For his part, Justice Kennedy, with whom Justices Ginsburg, Sotomayor and Kagan joined, believed that revisions to §6501(e)(1)(A) enacted as part of the 1954 revision of the Code were meaningful and thus left room for Treasury’s interpretation in the regulations. Citing Brand X’s conclusion that a judicial construction of an ambiguous statute does not foreclose an agency’s later, inconsistent interpretation of the same provision, Justice Kennedy observed that there was a “serious difficulty” in the majority’s insisting that an ambiguous provision had to be read the same way even after it had been re-enacted with additional language suggesting that Congress would allow for a different interpretation. Justice Kennedy concluded that the majority’s approach foreclosed later interpretations of a law that had changed in relevant ways, and that the majority had gone too far in “constricting Congress’ ability to leave agencies in charge of filling statutory gaps.”
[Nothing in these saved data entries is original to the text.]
-- ===== src/Web/Limiter/Buckets.antt =====
-- `IDRateLimiter` and `IPRateLimiterForGin` of pkg/web/limiter.go: a bucket for each identifier, kept
-- in a map with expiry. The map holds pointers to buckets; the buckets are on a heap, and a pointer is
-- an index there, or none for nil.
pub mod Shared
mod Examples
use goddd.Reason.{Error}
use goddd.Conc.SyncMap.{Boxing}
use goddd.Conc.TtlMap.{TtlMap, load, load_or_store}
use goddd.Common.Text.{bytes_discrete, Bytes}
use goddd.Common.Int.{negsuc, pos, ℤ}
use goddd.Web.Limiter.{next, unless_ignored, Outcome, Error, Bucket}
use mathlib.Core.Option
use goddd.Common.{
  ◌==◌, [], ◌++◌, not, if◌then◌else◌, length, set, get_elem?, ◌≡◌, List, Bool, Option, ◌∷◌, some,
  none, false, true, ℕ,
}

abbrev pub Pointer : Type 0
Pointer = Option ℕ

pub never_nil : (p : Pointer) → false ≡ true → p ≡ none
never_nil p h = cc

-- A nil pointer in an `any` is no nil `any`.
abbrev pub pointers : Boxing Pointer
pointers = record { zero_value = none; is_nil = λ p. false; nil_is_zero = never_nil }

pub record Buckets (Limiter : Type 0) : Type 0 where
  pub cache : TtlMap Bytes Pointer
  pub heap : List Limiter

abbrev pub three_minutes : ℤ
three_minutes = pos 180_000_000_000

pub default_ttl : ℤ → ℤ
default_ttl (pos n) = if n == 0 then three_minutes else pos n
default_ttl (negsuc n) = negsuc n

module _ (b : Bucket) (new_limiter : b.Limiter) where
  -- `v.Allow()`, where `none` is the panic on a nil pointer.
  pub allow_at : Pointer → Buckets b.Limiter → Option (Buckets b.Limiter × Bool)
  allow_at none s = none
  allow_at (some p) s = elim (get_elem? s.heap p) [
    | none ↦ none
    | some l ↦ some (record s { heap = set s.heap p (b.allow l).0 }, (b.allow l).1)
  ]

  -- A new bucket is made and offered to the map, which may have one.
  pub make_bucket : Bytes → ℤ → ℤ → Buckets b.Limiter → Option (Buckets b.Limiter × Bool)
  unfolding allow_at
  make_bucket identifier ttl now s =
      let (cache', (p, _)) =
        load_or_store bytes_discrete pointers identifier (some (length s.heap)) ttl now s.cache in
      allow_at p (record { cache = cache'; heap = s.heap ++ (new_limiter ∷ []) })

  -- The function that `IDRateLimiter` returns.
  pub id_rate_limiter : Bytes → ℤ → ℤ → Buckets b.Limiter → Option (Buckets b.Limiter × Bool)
  unfolding make_bucket
  id_rate_limiter identifier ttl now s =
      let (cache', (p, ok)) = load bytes_discrete pointers identifier now s.cache in
      if ok
      then allow_at p (record s { cache = cache' })
      else make_bucket identifier (default_ttl ttl) now (record s { cache = cache' })

  -- `IPRateLimiterForGin`, for a request from `ip`.
  pub ip_rate_limiter :
      {Request : Type 0}
      → List (Request → Bool)
      → Error
      → Bytes
      → Request
      → ℤ
      → Buckets b.Limiter
      → Option (Buckets b.Limiter × Outcome)
  unfolding id_rate_limiter
  ip_rate_limiter ignore_fn err ip r now s =
      Option.map (λ done. (done.0, if not done.1 then unless_ignored ignore_fn err r else next))
        (id_rate_limiter ip three_minutes now s)
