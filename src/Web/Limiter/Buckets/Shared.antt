-- ===== src/Web/Limiter/Buckets/Shared.antt =====
-- Which bucket a request takes from.
use mathlib.Core.Option
use goddd.Conc.SyncMap.View.{answer}
use goddd.Web.Limiter.{Bucket}
use goddd.Conc.TtlMap.Live.{live, load-live, load_or_store_lem, value_at}
use goddd.Conc.TtlMap.Synced.{IsSynced, value_at-load}
use goddd.Web.Limiter.Buckets.{
  default_ttl, make_bucket, Buckets, id_rate_limiter, allow_at, Bucket, pointers, Pointer,
}
use goddd.Conc.TtlMap.{TtlMap, load, load_or_store, after}
use goddd.Common.Int.{◌+ℤ◌, ◌≤ℤ◌, ℤ}
use goddd.Common.Text.{bytes_discrete, Bytes}
use goddd.Conc.TtlMap.{TtlMap, load}
use goddd.Common.{
  ◌⊎◌, ◌∙◌, Bool, false, true, if◌then◌else◌, ite, Option, inl, inr, Option-cases, arith, none,
  Option-cases, ap, ◌≡◌, length, [], ◌++◌, set, get_elem?, List, ◌∷◌, inr, inl, some, none, refl, ℕ,
}

get_elem?_last :
    {A : Type 0} (xs : List A) (x : A) → get_elem? (xs ++ (x ∷ [])) (length xs) ≡ some x
get_elem?_last [] x = refl
get_elem?_last (y ∷ xs) x = get_elem?_last xs x

set_last :
    {A : Type 0} (xs : List A) (x y : A) → set (xs ++ (x ∷ [])) (length xs) y ≡ xs ++ (y ∷ [])
set_last [] x y = refl
set_last (z ∷ xs) x y = ap (◌∷◌ z) (set_last xs x y)

module _ (b : Bucket) (new_limiter : b.Limiter) where
  abbrev pub live_at : ℤ → TtlMap Bytes Pointer → Bytes → Option Pointer
  live_at later m j = live bytes_discrete pointers later m j

  -- The identifier has a bucket, which is asked.
  abbrev pub TakesOld : Bytes → ℤ → ℤ → Buckets b.Limiter → ℤ → Bytes → Type 0
  TakesOld id ttl now s later j =
      (p : ℕ) × (l : b.Limiter) × (t : Buckets b.Limiter) × (live_at now s.cache id ≡ some (some p))
      × (get_elem? s.heap p ≡ some l)
      × (id_rate_limiter b new_limiter id ttl now s ≡ some (t, (b.allow l).1))
      × (t.heap ≡ set s.heap p (b.allow l).0)
      × (live_at later t.cache j ≡ live_at later s.cache j)

  -- It has none, and gets a new one.
  abbrev pub TakesNew : Bytes → ℤ → ℤ → Buckets b.Limiter → ℤ → Bytes → Type 0
  TakesNew id ttl now s later j =
      (t : Buckets b.Limiter) × (live_at now s.cache id ≡ none)
      × (id_rate_limiter b new_limiter id ttl now s ≡ some (t, (b.allow new_limiter).1))
      × (t.heap ≡ s.heap ++ ((b.allow new_limiter).0 ∷ []))
      × (live_at later t.cache j
          ≡ ite (bytes_discrete id j)
              (if after later (now +ℤ default_ttl ttl) then none else some (some (length s.heap)))
              (live_at later s.cache j))

  allow_at_lem :
      (p : ℕ) (l : b.Limiter) (s : Buckets b.Limiter)
      → get_elem? s.heap p ≡ some l
      → allow_at b new_limiter (some p) s
        ≡ some (record s { heap = set s.heap p (b.allow l).0 }, (b.allow l).1)
  unfolding allow_at
  allow_at_lem p l s h = ground (arith, h)

  abbrev after_load : Bytes → ℤ → Buckets b.Limiter → Buckets b.Limiter
  after_load id now s = record s { cache = (load bytes_discrete pointers id now s.cache).0 }

  step_of : Bytes → ℤ → ℤ → Buckets b.Limiter → Pointer × Bool → Option (Buckets b.Limiter × Bool)
  step_of id ttl now s r =
      if r.1
      then allow_at b new_limiter r.0 (after_load id now s)
      else make_bucket b new_limiter id (default_ttl ttl) now (after_load id now s)

  id_rate_limiter_step :
      (id : Bytes) (ttl now : ℤ) (s : Buckets b.Limiter) (r : Pointer × Bool)
      → (load bytes_discrete pointers id now s.cache).1 ≡ r
      → id_rate_limiter b new_limiter id ttl now s ≡ step_of id ttl now s r
  unfolding id_rate_limiter step_of
  id_rate_limiter_step id ttl now s r h = ap (step_of id ttl now s) h

  abbrev offered : Bytes → ℤ → ℤ → Buckets b.Limiter → Buckets b.Limiter
  offered id ttl now s = record {
    cache = (load_or_store bytes_discrete pointers id (some (length s.heap)) ttl now s.cache).0;
    heap = s.heap ++ (new_limiter ∷ []);
  }

  made_new :
      (id : Bytes) (ttl now : ℤ) (s : Buckets b.Limiter)
      → value_at bytes_discrete pointers s.cache id ≡ none
      → (load_or_store bytes_discrete pointers id (some (length s.heap)) ttl now s.cache).1
        ≡ (some (length s.heap), false)
  made_new id ttl now s h =
      rw (load_or_store_lem bytes_discrete pointers id (some (length s.heap)) ttl now s.cache).0
        (rw h refl)

  make_bucket_lem :
      (id : Bytes) (ttl now : ℤ) (s : Buckets b.Limiter)
      → value_at bytes_discrete pointers s.cache id ≡ none
      → make_bucket b new_limiter id ttl now s
        ≡ some (
          record {
            cache =
                (load_or_store bytes_discrete pointers id (some (length s.heap)) ttl now s.cache).0;
            heap = s.heap ++ ((b.allow new_limiter).0 ∷ []);
          },
          (b.allow new_limiter).1,
        )
  unfolding make_bucket
  make_bucket_lem id ttl now s h =
      let grown = offered id ttl now s in
      ap (λ r. allow_at b new_limiter r.0 grown) (made_new id ttl now s h)
      ∙ allow_at_lem (length s.heap) new_limiter grown (get_elem?_last s.heap new_limiter)
      ∙ ap (λ x. some (record grown { heap = x }, (b.allow new_limiter).1))
          (set_last s.heap new_limiter (b.allow new_limiter).0)

  old_bucket :
      (id : Bytes) (ttl now : ℤ) (s : Buckets b.Limiter) (p : ℕ) (l : b.Limiter) (later : ℤ)
      (j : Bytes)
      → live_at now s.cache id ≡ some (some p)
      → get_elem? s.heap p ≡ some l
      → now ≤ℤ later
      → TakesOld id ttl now s later j
  unfolding step_of
  old_bucket id ttl now s p l later j h g from =
      let found = load-live bytes_discrete pointers id id now now s.cache (ground arith) in
      (
        p,
        l,
        record (after_load id now s) { heap = set s.heap p (b.allow l).0 },
        h,
        g,
        id_rate_limiter_step id ttl now s (some p, true)
              (found.0 ∙ ap (answer bytes_discrete pointers) h)
            ∙ allow_at_lem p l (after_load id now s) g,
        refl,
        (load-live bytes_discrete pointers id j now later s.cache from).1,
      )

  new_bucket :
      (id : Bytes) (ttl now : ℤ) (s : Buckets b.Limiter) (later : ℤ) (j : Bytes)
      → IsSynced bytes_discrete pointers s.cache
      → live_at now s.cache id ≡ none
      → now ≤ℤ later
      → TakesNew id ttl now s later j
  unfolding step_of
  new_bucket id ttl now s later j i h from =
      let found = load-live bytes_discrete pointers id id now now s.cache (ground arith) in
      let empty = value_at-load bytes_discrete pointers id now s.cache i h in
      let cache = (load bytes_discrete pointers id now s.cache).0 in
      let fresh = some (length s.heap) in
      let made = load_or_store_lem bytes_discrete pointers id fresh (default_ttl ttl) now cache in
      (
        record {
          cache = (load_or_store bytes_discrete pointers id fresh (default_ttl ttl) now cache).0;
          heap = s.heap ++ ((b.allow new_limiter).0 ∷ []);
        },
        h,
        id_rate_limiter_step id ttl now s (none, false)
              (found.0 ∙ ap (answer bytes_discrete pointers) h)
            ∙ make_bucket_lem id (default_ttl ttl) now (after_load id now s) empty,
        refl,
        made.1 later j
            ∙ ap
                (λ o.
                  ite (bytes_discrete id j)
                    (if after later (now +ℤ default_ttl ttl)
                      then none
                      else some (Option.get_or o fresh))
                    (live_at later cache j))
                empty
            ∙ ap
                (λ o.
                  ite (bytes_discrete id j)
                    (if after later (now +ℤ default_ttl ttl) then none else some fresh) o)
                (load-live bytes_discrete pointers id j now later s.cache from).1,
      )

  -- In a map that its own calls made, whose pointer for the identifier, if it has one, is to a bucket:
  -- a request takes from the bucket that the identifier has, and from no other; if it has none, or
  -- its time is over, from a new full bucket, which the identifier then has until `ttl` is over, or
  -- three minutes if `ttl` is zero. What any other identifier has at this time or later is left as it
  -- was, and no nil bucket is asked.
  pub id_rate_limiter_lem :
      (id : Bytes) (ttl now : ℤ) (s : Buckets b.Limiter) (later : ℤ) (j : Bytes)
      → IsSynced bytes_discrete pointers s.cache
      → ((p : Pointer)
          → live_at now s.cache id ≡ some p
          → (q : ℕ) × (l : b.Limiter) × (p ≡ some q) × (get_elem? s.heap q ≡ some l))
      → now ≤ℤ later
      → TakesOld id ttl now s later j ⊎ TakesNew id ttl now s later j
  id_rate_limiter_lem id ttl now s later j i owned from =
      elim (Option-cases (live_at now s.cache id)) [
        | inl h ↦ inr (new_bucket id ttl now s later j i h from)
        | inr (p, h) ↦
            (let (q, l, e, g) = owned p h in
              inl (old_bucket id ttl now s q l later j (h ∙ ap some e) g from))
      ]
[Editor’s Note: Although not addressed by the Court in Home Concrete, §6229(c)(2) and the regulations thereunder, which reference §6501(e)(1)(A) in the context of TEFRA cases, presumably should be read and interpreted in the same manner following the decision.]

For a further discussion of §6501(e)(1)(A), see 627 T.M., Limitations Periods, Interest on Underpayments and Overpayments, and Mitigation. For a further discussion of §6229(c)(2), see 624 T.M., Audit Procedures for Pass-Through Entities.